Classic DACB Collection

All articles created or submitted in the first twenty years of the project, from 1995 to 2015.

Guldberg, Carl Johan

1846-1901
Lutheran (Norwegian Missionary Society)
Madagascar

Carl Guldberg was the person who was the most instrumental in establishing the teaching of scientific pharmacy in Madagascar.

Born in Oslo, Norway, in 1846, Carl Johan Guldberg studied medicine before he applied to do mission work with the Lutheran Norwegian Missionary Society (NMS). The NMS sent him to Madagascar in 1876, and he proved to be very competent while he was there.

As soon as he arrived he became associated with the medical work of the Protestant missions in Antananarivo, principally the work of his compatriot Dr. Chr. Borchgrevink. In 1880, along with the latter and a few British missionary colleagues, he organized some advanced classes for the former students of the Kolejy Medikaly Malagasy (Malagasy Medical College). Also, in 1886, when the Medical Missionary Academy was founded, he was one of the professors who contributed to its’ operation and renown.

Through contacts in Norway who had formed an auxiliary committee, he was able to secure medical materials, a sterilization unit, and bandages that were critical to the successful operation of the NMS clinical group in Antananarivo (that became a hospital in 1886).
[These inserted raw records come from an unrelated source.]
-- ===== src/Command/Decode/Records.antt =====
-- Reading back the table of commands of a command stream.
use ag_infer.Prelude.{
  ℕ, ◌+◌, ◌-◌, ◌^◌, ◌≤◌, ◌<◌, ◌≡◌, refl, sym, ◌∙◌, ap, Bool, true, false, not, ◌||◌, List, [], ◌∷◌,
  ◌++◌, map, append_assoc, arith, ok, >>=-then, ltb, ◌==◌, if◌then◌else◌, length, take, drop,
  all_of, ok-injective, All,
}
use ag_infer.Prelude.Bytes.{
  le, number, number-le, concat, chunks, chunks-concat, take-append, drop-append, length-concat,
}
use ag_infer.Command.{
  CommandOperand, ProviderCommand, digest_bytes, check_command, operand_count, command_fields,
  Sections, pack_commands,
}
use ag_infer.Command.Decode.{as_format, command_widths, Layout, command_of, read_commands}
use ag_infer.Command.Facts.{IsDigest, digest_bytes-IsDigest, check_command-CommandFits}
use ag_infer.Command.Decode.Tables.{tag_of-tag_code, drop-add}

flag-read : (b : Bool) → (number (le 4 (if b then 1 else 0)) == 1) ≡ b
unfolding number le
flag-read true = refl
flag-read false = refl

flag-known : (b : Bool) → ltb 1 (number (le 4 (if b then 1 else 0))) ≡ false
unfolding number le
flag-known true = refl
flag-known false = refl

-- Where the operands and the payload of a command lie.
record Lies (view : List ℕ) (l : Layout) (c : ProviderCommand) (first payload : ℕ) : Type 0 where
  operands : List CommandOperand
  operands_here : drop first l.operands ≡ c.operands ++ operands
  payloads : List ℕ
  payload_here : drop (l.payload_offset + payload) view ≡ c.payload ++ payloads
  operands_left : first + length c.operands ≤ l.operand_count
  payload_left : payload + length c.payload ≤ l.payload_bytes
  operand_count : l.operand_count < 256 ^ 4
  payload_bytes : l.payload_bytes < 256 ^ 8

command_of-command_fields :
    (view : List ℕ) (l : Layout) (c : ProviderCommand) (digest : List ℕ) (first payload : ℕ)
    → check_command c ≡ ok tt
    → IsDigest c.capability_digest digest
    → Lies view l c first payload
    → command_of view l (command_fields c digest first payload) first payload ≡ ok c
unfolding command_of command_fields as_format all_of
command_of-command_fields view l c digest first payload checked d here =
    let fits = check_command-CommandFits c checked in
    let left = here.operands_left in
    let room = here.payload_left in
    let few = here.operand_count in
    let small = here.payload_bytes in
    let some_operands = fits.operands in
    let short = fits.payload in
    let operands_taken : take (length c.operands) (drop first l.operands) ≡ c.operands =
      rw here.operands_here (take-append c.operands here.operands) in
    let payload_taken : take (length c.payload) (drop (l.payload_offset + payload) view)
        ≡ c.payload =
      rw here.payload_here (take-append c.payload here.payloads) in
    let operands_fit : (not (first == first)
          || length c.operands == 0
          || ltb (l.operand_count - first) (length c.operands))
        ≡ false =
      ground arith in
    let payload_fits : (not (payload == payload)
          || ltb (l.payload_bytes - payload) (length c.payload))
        ≡ false =
      ground arith in
    rw (
      number-le 4 first (omega arith),
      number-le 4 (length c.operands) (omega arith),
      number-le 4 (length c.payload) (omega arith),
      number-le 8 payload (omega arith),
      flag-known c.capture_safe,
      operands_fit,
      payload_fits,
      tag_of-tag_code c.tag,
      number-le 4 c.provider_id fits.provider_id,
      number-le 4 c.abi_major fits.abi_major,
      number-le 4 c.abi_minor fits.abi_minor,
      d.printed,
      operands_taken,
      payload_taken,
      number-le 8 c.workspace_offset fits.workspace_offset,
      number-le 8 c.workspace_bytes fits.workspace_bytes,
      flag-read c.capture_safe,
      checked,
    )

abbrev pub all_operands : List ProviderCommand → List CommandOperand
all_operands [] = []
all_operands (c ∷ cs) = c.operands ++ all_operands cs

abbrev pub payload_size : List ProviderCommand → ℕ
payload_size [] = 0
payload_size (c ∷ cs) = length c.payload + payload_size cs

command_fields-widths :
    (c : ProviderCommand) (digest : List ℕ) (first payload : ℕ)
    → length digest ≡ 32
    → map length (command_fields c digest first payload) ≡ command_widths
unfolding command_fields le
command_fields-widths c digest first payload h =
    ap (λ n. 4 ∷ 4 ∷ 4 ∷ 4 ∷ 4 ∷ 4 ∷ 4 ∷ 4 ∷ 8 ∷ 8 ∷ 8 ∷ n ∷ 8 ∷ []) h

chunks-command :
    (c : ProviderCommand) (digest : List ℕ) (first payload : ℕ) (rest : List ℕ)
    → length digest ≡ 32
    → chunks command_widths (concat (command_fields c digest first payload) ++ rest)
      ≡ command_fields c digest first payload
chunks-command c digest first payload rest h =
    let fields = command_fields c digest first payload in
    ap (λ w. chunks w (concat fields ++ rest))
      (sym (command_fields-widths c digest first payload h))
    ∙ chunks-concat fields rest

pub length-command :
    (c : ProviderCommand) (digest : List ℕ) (first payload : ℕ)
    → length digest ≡ 32
    → length (concat (command_fields c digest first payload)) ≡ 96
unfolding command_fields le
length-command c digest first payload h =
    length-concat (command_fields c digest first payload)
    ∙ ap (λ n. 4 + (4 + (4 + (4 + (4 + (4 + (4 + (4 + (8 + (8 + (8 + (n + (8 + 0))))))))))))) h

drop-command :
    (c : ProviderCommand) (digest : List ℕ) (first payload : ℕ) (rest : List ℕ)
    → length digest ≡ 32
    → drop 96 (concat (command_fields c digest first payload) ++ rest) ≡ rest
drop-command c digest first payload rest h =
    let bytes = concat (command_fields c digest first payload) in
    ap (λ n. drop n (bytes ++ rest)) (sym (length-command c digest first payload h))
    ∙ drop-append bytes rest

-- Where the tables of the remaining commands lie.
pub record LieAll (view : List ℕ) (l : Layout) (cs : List ProviderCommand) (t : Sections)
    (offset first payload : ℕ) : Type 0 where
  pub behind : List ℕ
  pub commands_here : drop offset view ≡ t.commands ++ behind
  pub operands : List CommandOperand
  pub operands_here : drop first l.operands ≡ all_operands cs ++ operands
  pub payloads : List ℕ
  pub payloads_here : drop (l.payload_offset + payload) view ≡ t.payloads ++ payloads
  pub operands_left : first + operand_count cs ≤ l.operand_count
  pub payload_left : payload + payload_size cs ≤ l.payload_bytes
  pub operand_count : l.operand_count < 256 ^ 4
  pub payload_bytes : l.payload_bytes < 256 ^ 8

-- One command of several, with its decoded digest and the tables of the others.
record Split (c : ProviderCommand) (cs : List ProviderCommand) (t : Sections) (first payload : ℕ)
    : Type 0 where
  digest : List ℕ
  is_digest : IsDigest c.capability_digest digest
  more : Sections
  packed : pack_commands cs (first + length c.operands) (payload + length c.payload) ≡ ok more
  commands : t.commands ≡ concat (command_fields c digest first payload) ++ more.commands
  payloads : t.payloads ≡ c.payload ++ more.payloads

pack_commands-Split :
    (c : ProviderCommand) (cs : List ProviderCommand) (t : Sections) (first payload : ℕ)
    → pack_commands (c ∷ cs) first payload ≡ ok t
    → Split c cs t first payload
unfolding pack_commands
pack_commands-Split c cs t first payload e =
    >>=-then (digest_bytes c.capability_digest) _ e λ digest decoded e1.
      >>=-then (pack_commands cs _ _) _ e1 λ more packed done. record {
        digest = digest;
        is_digest = digest_bytes-IsDigest c.capability_digest decoded;
        more = more;
        packed = packed;
        commands = sym (ap (λ (s : Sections). s.commands) (ok-injective done));
        payloads = sym (ap (λ (s : Sections). s.payloads) (ok-injective done));
      }

module _ (view : List ℕ) (l : Layout) where
  lies_first :
      (c : ProviderCommand) (cs : List ProviderCommand) (t : Sections) (offset first payload : ℕ)
      → Split c cs t first payload
      → LieAll view l (c ∷ cs) t offset first payload
      → Lies view l c first payload
  lies_first c cs t offset first payload s h =
      let left = h.operands_left in
      let room = h.payload_left in
      record {
        operands = all_operands cs ++ h.operands;
        operands_here = h.operands_here ∙ append_assoc c.operands (all_operands cs) h.operands;
        payloads = s.more.payloads ++ h.payloads;
        payload_here =
            h.payloads_here
            ∙ ap (λ x. x ++ h.payloads) s.payloads
            ∙ append_assoc c.payload s.more.payloads h.payloads;
        operands_left = omega arith;
        payload_left = omega arith;
        operand_count = h.operand_count;
        payload_bytes = h.payload_bytes;
      }

  LieAll-front :
      (c : ProviderCommand) (cs : List ProviderCommand) (t : Sections) (offset first payload : ℕ)
      (s : Split c cs t first payload) (h : LieAll view l (c ∷ cs) t offset first payload)
      → drop offset view
        ≡ concat (command_fields c s.digest first payload) ++ (s.more.commands ++ h.behind)
  LieAll-front c cs t offset first payload s h =
      h.commands_here
      ∙ ap (λ x. x ++ h.behind) s.commands
      ∙ append_assoc (concat (command_fields c s.digest first payload)) s.more.commands h.behind

  LieAll-behind :
      (c : ProviderCommand) (cs : List ProviderCommand) (t : Sections) (offset first payload : ℕ)
      (s : Split c cs t first payload)
      → LieAll view l (c ∷ cs) t offset first payload
      → LieAll view l cs s.more
          (offset + 96)
          (first + length c.operands)
          (payload + length c.payload)
  unfolding lies_first
  LieAll-behind c cs t offset first payload s h =
      let left = h.operands_left in
      let room = h.payload_left in
      let one = lies_first c cs t offset first payload s h in
      let front = LieAll-front c cs t offset first payload s h in
      let moved : l.payload_offset + (payload + length c.payload)
          ≡ l.payload_offset + payload + length c.payload =
        omega arith in
      record {
        behind = h.behind;
        commands_here =
            drop-add offset 96 view
            ∙ ap (drop 96) front
            ∙ drop-command c s.digest first payload (s.more.commands ++ h.behind) s.is_digest.width;
        operands = h.operands;
        operands_here =
            drop-add first (length c.operands) l.operands
            ∙ ap (drop (length c.operands)) one.operands_here
            ∙ drop-append c.operands (all_operands cs ++ h.operands);
        payloads = h.payloads;
        payloads_here =
            ap (λ n. drop n view) moved
            ∙ drop-add (l.payload_offset + payload) (length c.payload) view
            ∙ ap (drop (length c.payload)) one.payload_here
            ∙ drop-append c.payload (s.more.payloads ++ h.payloads);
        operands_left = omega arith;
        payload_left = omega arith;
        operand_count = h.operand_count;
        payload_bytes = h.payload_bytes;
      }

  pub read_commands-pack_commands :
      (cs : List ProviderCommand) (t : Sections) (offset first payload : ℕ)
      → All (λ c. check_command c ≡ ok tt) cs
      → pack_commands cs first payload ≡ ok t
      → LieAll view l cs t offset first payload
      → read_commands view l offset first payload (length cs)
        ≡ ok (cs, first + operand_count cs, payload + payload_size cs)
  unfolding read_commands command_fields
  read_commands-pack_commands [] t offset first payload checked e h =
      let same : first + 0 ≡ first = omega arith in
      let same' : payload + 0 ≡ payload = omega arith in rw (same, same')
  read_commands-pack_commands (c ∷ cs) t offset first payload checked e h =
      let s = pack_commands-Split c cs t first payload e in
      let one = lies_first c cs t offset first payload s h in
      let fits = check_command-CommandFits c checked.0 in
      let few = one.operands_left in
      let small = one.payload_left in
      let few' = h.operand_count in
      let small' = h.payload_bytes in
      let fields =
        ap (chunks command_widths) (LieAll-front c cs t offset first payload s h)
        ∙ chunks-command c s.digest first payload (s.more.commands ++ h.behind) s.is_digest.width in
      let rest =
        read_commands-pack_commands cs s.more (offset + 96) (first + length c.operands)
          (payload + length c.payload) checked.1 s.packed
          (LieAll-behind c cs t offset first payload s h) in
      let short = fits.payload in
      let total : first + length c.operands + operand_count cs
          ≡ first + (length c.operands + operand_count cs) =
        omega arith in
      let total' : payload + length c.payload + payload_size cs
          ≡ payload + (length c.payload + payload_size cs) =
        omega arith in
      rw (
        fields,
        command_of-command_fields view l c s.digest first payload checked.0 s.is_digest one,
        number-le 4 (length c.operands) (omega arith),
        number-le 4 (length c.payload) (omega arith),
        rest,
        total,
        total',
      )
Also in 1886, with the help of Sister Edwarda Christiansen, he organized a genuine pharmacy and created a class in theoretical and practical pharmacology for the students at the Medical Academy. At the same time, he also taught in the Nursing School that had been opened two years earlier.

Guldberg’s contribution to medical teaching was not merely oral in nature. Although the text for the pharmacology class that he had created was never put into print, the handwritten text was copied and re-copied for many years by the students.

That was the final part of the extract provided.